DVRs have revolutionized television and enabled people to skate past TV commercials. Ad blockers filter out banner ads on Web pages. Caller ID flummoxed telemarketing. Intrusion marketing is reeling.

Remote online education, commuter colleges, community colleges and state schools are turning four-year private residential colleges and their $50,000 annual fees into indulgences for the wealthy.

The disrupted push back, of course. The old way bristles, feels unfairly treated and appeals to nostalgia and history. Claims are made to the moral high ground, and more time and legal protection are demanded. We throw up roadblocks and spend down resources in a last-ditch effort to avoid change.

Here's the thing: It's all for naught.

Disruptive forces, you see, aren't just trial balloons to be wafted away. They are new ideas and new tools. New inventions like the telephone, new technology like the personal computers, or a new marketing focus bring an existing product to previously unreached markets, as Henry Ford once famously did.

Disruptive change happens fast. One day you're buying a faucet from Fred at the corner hardware store, the next day you're browsing the aisles of Home Depot, and then you're ordering a faucet online.

Some of the disruptions are minor, some are life changing. It's hard to tell which will survive. When Steve Jobs unveiled the iPad, the smart guys said it was just a gadget. Try telling that to the physician who carries an iPad into the examination room so that he has access to all of your medical records.

I don't think any enterprise has done more huffing, more blocking, bickering and begging for time than Christianity. We are the case study for trying to stand still in a rapidly moving stream, getting swept away, and still claiming the moral high ground while we drown.


It was our Christian ancestors who fought the disruptive force of science. It was our ancestors who resisted the spread of knowledge through the printed word in the common tongue. Even today, church members huff and puff over the slightest change. 

That resistance to change has paralyzed our congregations. It has turned away two generations of young adults and turned off capable leaders who simply didn't want to bicker about paint colors and furniture.

Jesus himself was the ultimate disruptive innovation. At the center of our faith is a disrupter. Not a nice guy, not a genial friend, but a disruptive force, a disruptive innovation.

Jesus came into a settled world and did unsettling things. “Who is this?” the powers that be asked in bewilderment. “How can he do these things? What is his authority? Has he come to destroy us?”

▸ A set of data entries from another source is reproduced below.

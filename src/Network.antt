-- ===== src/Network.antt =====
-- network-module: requests over the network for a device on a serial port. kvmnetwork.c has the
-- sockets and the requests, uart.c the serial port (uart/uart.c is the same with a main).
pub mod Uart
pub mod Request
pub mod Connection
pub mod Sockets
pub mod Client
mod Examples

Jesus hadn't come to destroy. But it felt that way to the established order trying to perpetuate itself. Nevertheless, that is our heritage. Our DNA is disruption. We are descended from rebels, not custodians of yesterday. We are descended from people who caused trouble for the established order, not soothed it in exchange for tax benefits.

Many churches are struggling because they lost touch with this disruptive heritage. Now's our chance to get it back.


(Tom Ehrich is a writer, church consultant and Episcopal priest based in New York. He is the author of “Just Wondering, Jesus” and founder of the Church Wellness Project. His website is www.morningwalkmedia.com. Follow Tom on Twitter @tomehrich.)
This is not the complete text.